*** Data shown Section Begins ***
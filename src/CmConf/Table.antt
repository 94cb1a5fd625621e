-- ===== src/CmConf/Table.antt =====
-- The table as a map from keys to values.
use jklibs.Common.{
  ℕ, zero, suc, ◌+◌, ◌≤◌, ◌<◌, ◌≡◌, refl, sym, ap, ◌∙◌, false, List, [], ◌∷◌, some, arith, leb,
  ◌==◌, if◌then◌else◌, length, Bool-cases, inl, inr,
}
use jklibs.Common.Outcome.{Outcome, done}
use jklibs.Common.Text.{same_text, same_text-eq}
use jklibs.CmConf.{Config, config_value, config_set_value}

-- The number of entries after `cm_config_set_value` has returned the index `i`.
abbrev pub count_after : ℕ → ℕ → ℕ
count_after max i = if i == max then max + 1 else max

-- What a call of cm_config_set_value has done to the table, whichever key is looked up.
abbrev pub Sets : List Config → ℕ → List ℕ → List ℕ → Outcome (ℕ × List Config) → Type 0
Sets conf max key value r =
    (i : ℕ) × (after : List Config) × (r ≡ done (i, after))
    × (i ≤ max)
    × ((other : List ℕ)
        → config_value after (count_after max i) other
          ≡ (if same_text key other then done (some value) else config_value conf max other))

count_after-suc : (max i : ℕ) → count_after (suc max) (suc i) ≡ suc (count_after max i)
count_after-suc max i = ground arith

count_after-zero : (max : ℕ) → count_after (suc max) 0 ≡ suc max
count_after-zero max = ground arith

-- Behind an entry with another key.
value-behind :
    (c : Config) (conf after : List Config) (max n : ℕ) (key value other : List ℕ)
    → same_text c.key key ≡ false
    → config_value after n other
      ≡ (if same_text key other then done (some value) else config_value conf max other)
    → config_value (c ∷ after) (suc n) other
      ≡ (if same_text key other then done (some value) else config_value (c ∷ conf) (suc max) other)
unfolding config_value
value-behind c conf after max n key value other e found = elim (Bool-cases (same_text key other)) [
  | inl t ↦
      let same = same_text-eq key other t in
      let differ : same_text c.key other ≡ false = rw (sym same) e in
      rw (t, differ) (found ∙ rw t refl)
  | inr t ↦ elim (Bool-cases (same_text c.key other)) [
    | inl u ↦ rw (t, u) refl
    | inr u ↦ rw (t, u) (found ∙ rw t refl)
  ]
]

-- At the entry that is overwritten.
value-over :
    (c : Config) (conf : List Config) (max : ℕ) (key value other : List ℕ)
    → c.key ≡ key
    → config_value (record c { value = value } ∷ conf) (suc max) other
      ≡ (if same_text key other then done (some value) else config_value (c ∷ conf) (suc max) other)
unfolding config_value
value-over c conf max key value other same =
    rw same (elim (Bool-cases (same_text key other)) [ inl t ↦ rw t refl | inr t ↦ rw t refl ])

-- A value is found under the key it was set for, every other key has what it had before, and a new
-- key takes one more entry; the array must have room for that, and the texts fit their arrays.
pub config_value-set :
    (conf : List Config) (max : ℕ) (key value : List ℕ)
    → max < length conf
    → length key < 32
    → length value < 256
    → Sets conf max key value (config_set_value conf max key value)
unfolding config_value config_set_value
config_value-set [] max key value r k v = absurd (omega arith)
config_value-set (c ∷ conf) zero key value r k v =
    let key_fits : leb 32 (length key) ≡ false = ground arith in
    let value_fits : leb 256 (length value) ≡ false = ground arith in
    (
      0,
      record { key = key; value = value } ∷ conf,
      rw (key_fits, value_fits) refl,
      omega arith,
      λ other. refl,
    )
config_value-set (c ∷ conf) (suc max) key value r k v =
    let value_fits : leb 256 (length value) ≡ false = ground arith in
    elim (Bool-cases (same_text c.key key)) [
      | inl e ↦
          let same = same_text-eq c.key key e in
          (
            0,
            record c { value = value } ∷ conf,
            rw (e, value_fits) refl,
            omega arith,
            λ other.
                ap (λ n. config_value (record c { value = value } ∷ conf) n other)
                  (count_after-zero max)
                ∙ value-over c conf max key value other same,
          )
      | inr e ↦
          let (i, after, ends, small, found) =
            config_value-set conf max key value (omega arith) k v in
          (
            suc i,
            c ∷ after,
            rw (e, ends) refl,
            omega arith,
            λ other.
                ap (λ n. config_value (c ∷ after) n other) (count_after-suc max i)
                ∙ value-behind c conf after max (count_after max i) key value other e (found other),
          )
    ]
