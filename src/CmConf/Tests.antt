-- ===== src/CmConf/Tests.antt =====
-- Configuration files on concrete tables.
use jklibs.Common.{◌≡◌, refl, List, [], ◌∷◌, ◌++◌, arith}
use jklibs.Common.Outcome.{done}
use jklibs.Common.Text.{codes}
use jklibs.CmConf.{Config, config_read, config_write}
use jklibs.CmConf.Lines.{Storable}
use jklibs.CmConf.File.{config_read-write}

abbrev ip : Config
ip = record { key = codes "ip"; value = codes "10.0.0.1" }

abbrev port : Config
port = record { key = codes "port"; value = codes "80" }

abbrev empty : Config
empty = record { key = []; value = [] }

abbrev table : List Config
table = ip ∷ (port ∷ (empty ∷ []))

ip-Storable : Storable ip
ip-Storable = record {
  key_plain = ((omega arith, omega arith), ((omega arith, omega arith), tt));
  key_one_line = (omega arith, (omega arith, tt));
  key_full = omega arith;
  key_short = omega arith;
  no_comment = refl;
  value_plain = (refl, (refl, (refl, (refl, (refl, (refl, (refl, (refl, tt))))))));
  value_full = omega arith;
  line_short = omega arith;
}

config_read-write_example :
    config_read table 3 (config_write (codes "T1" ++ (10 ∷ [])) (ip ∷ []))
    ≡ done (1, ip ∷ (port ∷ (empty ∷ [])))
config_read-write_example =
    config_read-write table (ip ∷ []) 3 (codes "T1") (ip-Storable, tt) (omega arith) (omega arith)
      (omega arith, (omega arith, tt)) (omega arith)
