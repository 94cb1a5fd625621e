-- ===== src/CmHttpDownload.antt =====
-- common/cm_http_download.c: a file fetched from a server. What the server sends until it closes is
-- the list of its bytes; a connection that times out or is interrupted is not modelled, nor a write
-- that fails. The routines that end without a return statement are taken to return something other
-- than -1. Numbers that do not fit an int are not modelled.
pub mod Header
pub mod Receive
pub mod Download
pub mod Lines
pub mod Rounds
pub mod Chunks
pub mod Url
pub mod Whole
mod Tests
use jklibs.Common.{
  ℕ, zero, suc, ◌+◌, ◌≤◌, Bool, true, false, ◌&&◌, ◌||◌, List, [], ◌∷◌, ◌++◌, Option, none, some,
  leb, ltb, ◌==◌, if◌then◌else◌, length, take, drop,
}
use jklibs.Common.Int.{ℤ, pos, negsuc, ltb_ℤ}
use jklibs.Common.Decimal.{atoi, split_at}
use jklibs.Common.Outcome.{Outcome, done, err, fault, ◌>>=◌}
use jklibs.Common.Text.{codes}

-- http_t, without the handles. `input` is what is still to come from the server, `saved` the
-- content of the file once it is open.
pub record Http : Type 0 where
  pub host_name : List ℕ
  pub port : ℤ
  pub uri : List ℕ
  pub buffer : List ℕ
  pub status_code : ℤ
  pub chunked_flag : Bool
  pub len : ℤ
  pub location : List ℕ
  pub recv_data_len : ℕ
  pub input : List ℕ
  pub saved : Option (List ℕ)

-- HOST_NAME_LEN, URI_MAX_LEN and RECV_BUF
abbrev pub host_name_len : ℕ
host_name_len = 256

abbrev pub uri_max_len : ℕ
uri_max_len = 2048

abbrev pub recv_buf : ℕ
recv_buf = 8192

-- The object of http_download after memset.
abbrev pub no_http : Http
no_http = record {
  host_name = [];
  port = pos 0;
  uri = [];
  buffer = [];
  status_code = pos 0;
  chunked_flag = false;
  len = pos 0;
  location = [];
  recv_data_len = 0;
  input = [];
  saved = none;
}

-- tolower
abbrev pub to_lower : ℕ → ℕ
to_lower c = if leb b'A' c && leb c b'Z' then c + 32 else c

-- !strncasecmp(text, sub, strlen(sub))
abbrev pub same_case : List ℕ → List ℕ → Bool
same_case [] text = true
same_case (c ∷ sub) [] = false
same_case (c ∷ sub) (d ∷ text) = (to_lower c == to_lower d) && same_case sub text

-- strncasestr of a `sub` that is not empty: the text from where it is found.
unfoldable pub strncasestr : List ℕ → List ℕ → Option (List ℕ)
strncasestr [] sub = none
strncasestr (c ∷ str) sub =
    let later = strncasestr str sub in if same_case sub (c ∷ str) then some (c ∷ str) else later

-- The start behind "http://", wherever that is found in the text.
abbrev pub skip_scheme : Option (List ℕ) → List ℕ → List ℕ
skip_scheme none url = url
skip_scheme (some p) url = drop 7 url

-- The port of "host:port", if there is one.
abbrev pub port_of : Http → List ℕ → Option (List ℕ × List ℕ) → Http × ℤ
port_of info host none = (record info { host_name = take 255 host; port = pos 80 }, pos 0)
port_of info host (some r) =
    let port = atoi (r.1) in
    if ltb_ℤ (pos 0) port && ltb_ℤ port (pos 65535)
    then (record info { host_name = take 255 (r.0); port = port }, pos 0)
    else (record info { host_name = take 255 host; port = port }, negsuc 0)

-- The path is stored if the port is good.
abbrev pub uri_of : List ℕ → Http × ℤ → Http × ℤ
uri_of uri (info, pos n) = (record info { uri = take 2047 uri }, pos n)
uri_of uri (info, negsuc n) = (info, negsuc n)

-- parser_URL, behind the scheme.
abbrev pub parse_host : Http → Option (List ℕ × List ℕ) → Http × ℤ
parse_host info none = (info, negsuc 0)
parse_host info (some r) = uri_of (b'/' ∷ (r.1)) (port_of info (r.0) (split_at b':' (r.0)))

unfoldable pub parser_url : List ℕ → Http → Http × ℤ
parser_url url info =
    parse_host info (split_at b'/' (skip_scheme (strncasestr url (codes "http://")) url))
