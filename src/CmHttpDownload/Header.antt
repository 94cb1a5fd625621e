-- ===== src/CmHttpDownload/Header.antt =====
-- parse_http_header of common/cm_http_download.c.
use jklibs.Common.{
  ℕ, zero, suc, ◌+◌, Bool, true, false, List, [], ◌∷◌, ◌++◌, Option, none, some, if◌then◌else◌,
  length, take, drop,
}
use jklibs.Common.Decimal.{atoi, split_at}
use jklibs.Common.Outcome.{Outcome, done, err, fault, ◌>>=◌}
use jklibs.Common.Stream.{fgets}
use jklibs.Common.Text.{codes, same_text, until_nul}
use jklibs.CmHttpDownload.{Http, strncasestr}

-- fgets into the buffer: at the end of the input it is left alone, and the result is NULL.
abbrev pub fill_buffer : Http → List ℕ × List ℕ → Http × Bool
fill_buffer info ([], rest) = (info, false)
fill_buffer info (c ∷ line, rest) = (
  record info {
    input = rest;
    buffer = (c ∷ line) ++ (0 ∷ drop (length (c ∷ line) + 1) info.buffer);
  },
  true,
)

abbrev pub read_line : Http → Http × Bool
read_line info = fill_buffer info (fgets 8191 info.input)

-- What the buffer holds as a text.
abbrev pub text_in : Http → List ℕ
text_in info = until_nul info.buffer

-- p = strchr(p, ':') + 2, which must not lie behind the end of the text.
abbrev pub field_value : List ℕ → Outcome (List ℕ)
field_value p = elim (split_at b':' p) [
  | none ↦ fault
  | some r ↦ elim (r.1) [ [] ↦ fault | c ∷ s ↦ done s ]
]

-- A line of the header: the object, or -1 for an encoding that is not supported.
unfoldable pub parse_field : Http → List ℕ → Outcome Http
parse_field info line = elim (strncasestr line (codes "Content-length")) [
  | some p ↦ field_value p >>= λ v. done (record info { len = atoi v })
  | none ↦ elim (strncasestr line (codes "Transfer-Encoding")) [
    | some p ↦ elim (strncasestr line (codes "chunked")) [
      | some q ↦ done (record info { chunked_flag = true })
      | none ↦ err 1
    ]
    | none ↦ elim (strncasestr line (codes "Location")) [
      | some p ↦ field_value p >>= λ v. done (record info { location = take 2047 v })
      | none ↦ done info
    ]
  ]
]

-- The loop over the lines, each of which takes a byte at least of the input.
unfoldable pub parse_fields : ℕ → Http → Outcome Http
parse_fields zero info = err 1
parse_fields (suc n) info =
    let (next, read) = read_line info in
    let rest = parse_field next (text_in next) >>= parse_fields n in
    if read then if same_text (text_in next) (13 ∷ (10 ∷ [])) then done next else rest else err 1

-- The first line: its status.
abbrev pub parse_status : Http → Option (List ℕ × List ℕ) → Option (List ℕ) → Outcome Http
parse_status info (some r) (some p) = done (record info { status_code = atoi (r.1) })
parse_status info _ _ = err 1

-- parse_http_header. If the input is empty, the buffer still holds the request.
unfoldable pub parse_http_header : Http → Outcome Http
parse_http_header info =
    let first = (read_line info).0 in
    let line = text_in first in
    parse_status first (split_at b' ' line) (strncasestr line (codes "HTTP"))
    >>= parse_fields (suc (length info.input))
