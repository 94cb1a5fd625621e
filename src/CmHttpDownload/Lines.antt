-- ===== src/CmHttpDownload/Lines.antt =====
-- A line that is read into the buffer.
use jklibs.Common.{
  ℕ, ◌+◌, ◌≤◌, ◌<◌, ◌≡◌, refl, true, false, List, [], ◌∷◌, ◌++◌, arith, ◌==◌, length, drop,
  length-append,
}
use jklibs.Common.Stream.{fgets-line}
use jklibs.Common.Text.{Lacks, NoNul, until_nul}
use jklibs.CmHttpDownload.{Http}
use jklibs.CmHttpDownload.Header.{read_line, fill_buffer}

pub until_nul-text : (a b : List ℕ) → NoNul a → until_nul (a ++ (0 ∷ b)) ≡ a
until_nul-text [] b h = refl
until_nul-text (c ∷ a) b h =
    let e : (c == 0) ≡ false = let k = h.0 in ground arith in rw (e, until_nul-text a b (h.1)) refl

-- The object behind a line.
abbrev pub behind_line : Http → List ℕ → List ℕ → Http
behind_line info line rest = record info {
  input = rest;
  buffer = line ++ (0 ∷ drop (length line + 1) info.buffer);
}

fill_buffer-line :
    (info : Http) (line rest : List ℕ)
    → 1 ≤ length line
    → fill_buffer info (line, rest) ≡ (behind_line info line rest, true)
fill_buffer-line info [] rest h = absurd (omega arith)
fill_buffer-line info (c ∷ line) rest h = refl

-- A line that fits the buffer is read whole.
pub read_line-text :
    (info : Http) (line rest : List ℕ)
    → Lacks 10 line
    → length line < 8191
    → read_line (record info { input = line ++ (10 ∷ rest) })
      ≡ (behind_line info (line ++ (10 ∷ [])) rest, true)
read_line-text info line rest plain short =
    let fits : 1 ≤ length (line ++ (10 ∷ [])) = omega (arith, length-append line (10 ∷ [])) in
    rw (fgets-line 8191 line rest plain short)
      (fill_buffer-line (record info { input = line ++ (10 ∷ rest) }) (line ++ (10 ∷ [])) rest fits)
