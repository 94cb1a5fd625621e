-- ===== src/CmHttpDownload/Receive.antt =====
-- read_data, recv_chunked_response and recv_response of common/cm_http_download.c.
use jklibs.Common.{
  ℕ, zero, suc, ◌+◌, ◌-◌, ◌*◌, ◌%◌, Bool, ◌&&◌, ◌||◌, List, [], ◌∷◌, ◌++◌, Option, none, some, leb,
  ltb, ◌==◌, if◌then◌else◌, length, take, drop, min,
}
use jklibs.Common.Int.{ℤ, pos, negsuc}
use jklibs.Common.Decimal.{negate}
use jklibs.Common.Outcome.{Outcome, done, err, fault, ◌>>=◌}
use jklibs.CmHttpDownload.{Http, recv_buf}
use jklibs.CmHttpDownload.Header.{read_line, text_in}

-- save_data; `opens` tells whether the file can be opened.
abbrev pub save_to : Bool → Http → List ℕ → Option (List ℕ) → Outcome Http
save_to opens info bytes (some old) = done (record info { saved = some (old ++ bytes) })
save_to opens info bytes none = if opens then done (record info { saved = some bytes }) else err 1

unfoldable pub save_data : Bool → Http → List ℕ → Outcome Http
save_data opens info bytes = save_to opens info bytes info.saved

-- A full read of `n` bytes into the buffer.
abbrev pub read_full : Http → ℕ → Http
read_full info n = record info {
  buffer = take n info.input ++ drop n info.buffer;
  input = drop n info.input;
}

-- read_data of `total` bytes, in at most `fuel` rounds. A read that falls short is not saved.
unfoldable pub read_rounds : ℕ → Bool → Http → ℕ → Outcome Http
read_rounds fuel opens info zero = done info
read_rounds zero opens info (suc total) = fault
read_rounds (suc fuel) opens info (suc total) =
    let n = min (suc total) recv_buf in
    let full = read_full info n in
    let round = save_data opens full (take n info.input) >>= λ info.
    read_rounds fuel opens (record info { recv_data_len = info.recv_data_len + n })
      (suc total - n) in
    if ltb (length info.input) n then err 1 else round

-- read_data; a length below 0 is a huge one for fread.
unfoldable pub read_data : Bool → Http → ℤ → Outcome Http
read_data opens info (pos n) = read_rounds n opens info n
read_data opens info (negsuc n) = fault

abbrev pub hex_value : ℕ → Option ℕ
hex_value c =
    if leb b'0' c && leb c b'9'
    then some (c - b'0')
    else if leb b'a' c && leb c b'f'
    then some (c - b'a' + 10)
    else if leb b'A' c && leb c b'F'
    then some (c - b'A' + 10)
    else none

unfoldable pub hex_digits : ℕ → List ℕ → ℕ
hex_digits acc [] = acc
hex_digits acc (c ∷ s) = elim (hex_value c) [ none ↦ acc | some v ↦ hex_digits (acc * 16 + v) s ]

-- The digits behind the prefix 0x or 0X, if there is one.
abbrev pub after_0x : List ℕ → List ℕ
after_0x (zero_digit ∷ (x ∷ s)) =
    if (zero_digit == b'0') && ((x == b'x') || (x == b'X')) then s else zero_digit ∷ (x ∷ s)
after_0x s = s

-- A value out of the range of long is its bound.
abbrev pub long_max : ℕ
long_max = 9223372036854775807

abbrev pub positive_long : ℕ → ℤ
positive_long n = pos (min n long_max)

abbrev pub negative_long : ℕ → ℤ
negative_long n = negate (min n (suc long_max))

-- strtol(text, NULL, 16): spaces, a sign, the prefix, digits.
unfoldable pub strtol16 : List ℕ → ℤ
strtol16 [] = pos 0
strtol16 (c ∷ s) =
    let skipped = strtol16 s in
    if (c == 32) || (leb 9 c && leb c 13)
    then skipped
    else if c == b'-'
    then negative_long (hex_digits 0 (after_0x s))
    else if c == b'+'
    then positive_long (hex_digits 0 (after_0x s))
    else positive_long (hex_digits 0 (after_0x (c ∷ s)))

-- A number modulo 2^32 as an int
abbrev pub low_int : ℕ → ℤ
low_int n = if ltb n 2147483648 then pos n else negsuc (4294967295 - n)

-- The int that a long becomes as an argument
abbrev pub long_int : ℤ → ℤ
long_int (pos n) = low_int (n % 4294967296)
long_int (negsuc n) = low_int (4294967295 - n % 4294967296)

-- The two bytes behind a part.
abbrev pub read_two : Http → Outcome Http
read_two info = if ltb (length info.input) 2 then err 1 else done (read_full info 2)

-- The loop of recv_chunked_response; every round takes two bytes at least of the input.
unfoldable pub recv_parts : ℕ → Bool → Http → Outcome Http
recv_parts zero opens info = fault
recv_parts (suc n) opens info =
    let info = (read_line info).0 in
    let part_len = strtol16 (text_in info) in
    read_data opens info (long_int part_len) >>= read_two >>= λ info. elim part_len [
      | pos m ↦ (let rest = recv_parts n opens info in if m == 0 then done info else rest)
      | negsuc m ↦ recv_parts n opens info
    ]

unfoldable pub recv_chunked_response : Bool → Http → Outcome Http
recv_chunked_response opens info = recv_parts (suc (length info.input)) opens info

unfoldable pub recv_response : Bool → Http → Outcome Http
recv_response opens info =
    if info.chunked_flag then recv_chunked_response opens info else read_data opens info info.len
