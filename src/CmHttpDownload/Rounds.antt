-- ===== src/CmHttpDownload/Rounds.antt =====
-- Reading a number of bytes, in rounds of the size of the buffer.
use jklibs.Common.{
  take-drop, ℕ, zero, suc, ◌+◌, ◌-◌, ◌≤◌, ◌<◌, ◌≡◌, refl, sym, ap, ◌∙◌, true, false, List, [], ◌∷◌,
  ◌++◌, Option, none, some, arith, leb→le, Bool-cases, inl, inr, length-take, length-drop, ltb, leb,
  length, take, drop, min, length-append, append_assoc, take_append_n, drop_append_n,
}
use jklibs.Common.Outcome.{Outcome, done}
use jklibs.CmHttpDownload.{Http, recv_buf}
use jklibs.CmHttpDownload.Receive.{save_data, save_to, read_rounds}

-- What a file that may not be open yet holds.
abbrev pub content : Option (List ℕ) → List ℕ
content none = []
content (some s) = s

save_to-opens :
    (info : Http) (bytes : List ℕ) (o : Option (List ℕ))
    → save_to true info bytes o ≡ done (record info { saved = some (content o ++ bytes) })
save_to-opens info bytes none = refl
save_to-opens info bytes (some old) = refl

save_data-opens :
    (info : Http) (bytes : List ℕ)
    → save_data true info bytes ≡ done (record info { saved = some (content info.saved ++ bytes) })
unfolding save_data
save_data-opens info bytes = save_to-opens info bytes info.saved

-- The object behind a full round.
abbrev after_round : Http → List ℕ → List ℕ → Http
after_round info x s = record info {
  buffer = x ++ drop (length x) info.buffer;
  input = s;
  saved = some (content info.saved ++ x);
  recv_data_len = info.recv_data_len + length x;
}

-- The object with its input written out.
pub with_input : (info : Http) (s : List ℕ) → info.input ≡ s → info ≡ record info { input = s }
with_input info s e = ap (λ i. record info { input = i }) e

one_round :
    (fuel t : ℕ) (info : Http) (x s : List ℕ)
    → length x ≡ min (suc t) recv_buf
    → read_rounds (suc fuel) true (record info { input = x ++ s }) (suc t)
      ≡ read_rounds fuel true (after_round info x s) (suc t - length x)
unfolding read_rounds
one_round fuel t info x s n =
    let room : ltb (length (x ++ s)) (length x) ≡ false = ground (arith, length-append x s) in
    let taken = take_append_n (length x) x s refl in
    let dropped = drop_append_n (length x) x s refl in
    let full : Http = record info { buffer = x ++ drop (length x) info.buffer; input = s } in
    rw (← n, room, taken, dropped, save_data-opens full x) refl

-- What a read has done: the bytes are saved behind what was saved before, and `s` is still to come.
abbrev pub Reads : List ℕ → List ℕ → List ℕ → Outcome Http → Type 0
Reads old bytes s r =
    (after : Http) × (r ≡ done after) × (after.saved ≡ some (old ++ bytes)) × (after.input ≡ s)

read_rounds-zero : (fuel : ℕ) (info : Http) → read_rounds fuel true info 0 ≡ done info
unfolding read_rounds
read_rounds-zero fuel info = refl

leb-false : (a b : ℕ) → leb a b ≡ false → b < a
leb-false a b e = ground arith

-- A read of bytes that are there saves them, if the file can be opened.
pub rounds-Reads :
    (fuel : ℕ) (info : Http) (bytes s : List ℕ)
    → 1 ≤ length bytes
    → length bytes ≤ fuel
    → Reads
        (content info.saved)
        bytes
        s
        (read_rounds fuel true (record info { input = bytes ++ s }) (length bytes))
rounds-Reads fuel info [] s some_bytes enough = absurd (omega arith)
rounds-Reads zero info (c ∷ bytes) s some_bytes enough = absurd (omega arith)
rounds-Reads (suc fuel) info (c ∷ bytes) s some_bytes enough =
    elim (Bool-cases (leb (length (c ∷ bytes)) recv_buf)) [
      | inl e ↦
          let small = leb→le (suc (length bytes)) recv_buf e in
          let one = one_round fuel (length bytes) info (c ∷ bytes) s (omega arith) in
          let last = after_round info (c ∷ bytes) s in
          let none_left : suc (length bytes) - length (c ∷ bytes) ≡ 0 = omega arith in
          (
            last,
            one ∙ ap (read_rounds fuel true last) none_left ∙ read_rounds-zero fuel last,
            refl,
            refl,
          )
      | inr e ↦
          let big = leb-false (suc (length bytes)) recv_buf e in
          let x = take recv_buf (c ∷ bytes) in
          let y = drop recv_buf (c ∷ bytes) in
          let whole : x ++ y ≡ c ∷ bytes = take-drop recv_buf (c ∷ bytes) in
          let size_x : length x ≡ recv_buf = omega (arith, length-take recv_buf (c ∷ bytes)) in
          let size_y : length y ≡ suc (length bytes) - recv_buf =
            length-drop recv_buf (c ∷ bytes) in
          let one = one_round fuel (length bytes) info x (y ++ s) (omega (arith, size_x)) in
          let (after, ends, saved, input) =
            rounds-Reads fuel (after_round info x (y ++ s)) y s (omega (arith, size_y))
              (omega (arith, size_y)) in
          let text : (c ∷ bytes) ++ s ≡ x ++ (y ++ s) =
            ap (λ l. l ++ s) (sym whole) ∙ append_assoc x y s in
          let left : suc (length bytes) - length x ≡ length y = omega (arith, size_x, size_y) in
          (
            after,
            ap (λ l. read_rounds (suc fuel) true (record info { input = l }) (suc (length bytes)))
                  text
                ∙ (one ∙ (ap (read_rounds fuel true (after_round info x (y ++ s))) left ∙ ends)),
            saved
                ∙ ap some (
                    append_assoc (content info.saved) x y
                    ∙ ap (λ l. content info.saved ++ l) whole),
            input,
          )
    ]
*** Data shown Section Ends ***
## Work instruction
Copy the lines above exactly, beginning at the line that has "save_data true info" and stopping after the line that has "let full : Http", and omit the rest.

## Expected answer
    → save_data true info bytes ≡ done (record info { saved = some (content info.saved ++ bytes) })
unfolding save_data
save_data-opens info bytes = save_to-opens info bytes info.saved

-- The object behind a full round.
abbrev after_round : Http → List ℕ → List ℕ → Http
after_round info x s = record info {
  buffer = x ++ drop (length x) info.buffer;
  input = s;
  saved = some (content info.saved ++ x);
  recv_data_len = info.recv_data_len + length x;
}

-- The object with its input written out.
pub with_input : (info : Http) (s : List ℕ) → info.input ≡ s → info ≡ record info { input = s }
with_input info s e = ap (λ i. record info { input = i }) e

one_round :
    (fuel t : ℕ) (info : Http) (x s : List ℕ)
    → length x ≡ min (suc t) recv_buf
    → read_rounds (suc fuel) true (record info { input = x ++ s }) (suc t)
      ≡ read_rounds fuel true (after_round info x s) (suc t - length x)
unfolding read_rounds
one_round fuel t info x s n =
    let room : ltb (length (x ++ s)) (length x) ≡ false = ground (arith, length-append x s) in
    let taken = take_append_n (length x) x s refl in
    let dropped = drop_append_n (length x) x s refl in
    let full : Http = record info { buffer = x ++ drop (length x) info.buffer; input = s } in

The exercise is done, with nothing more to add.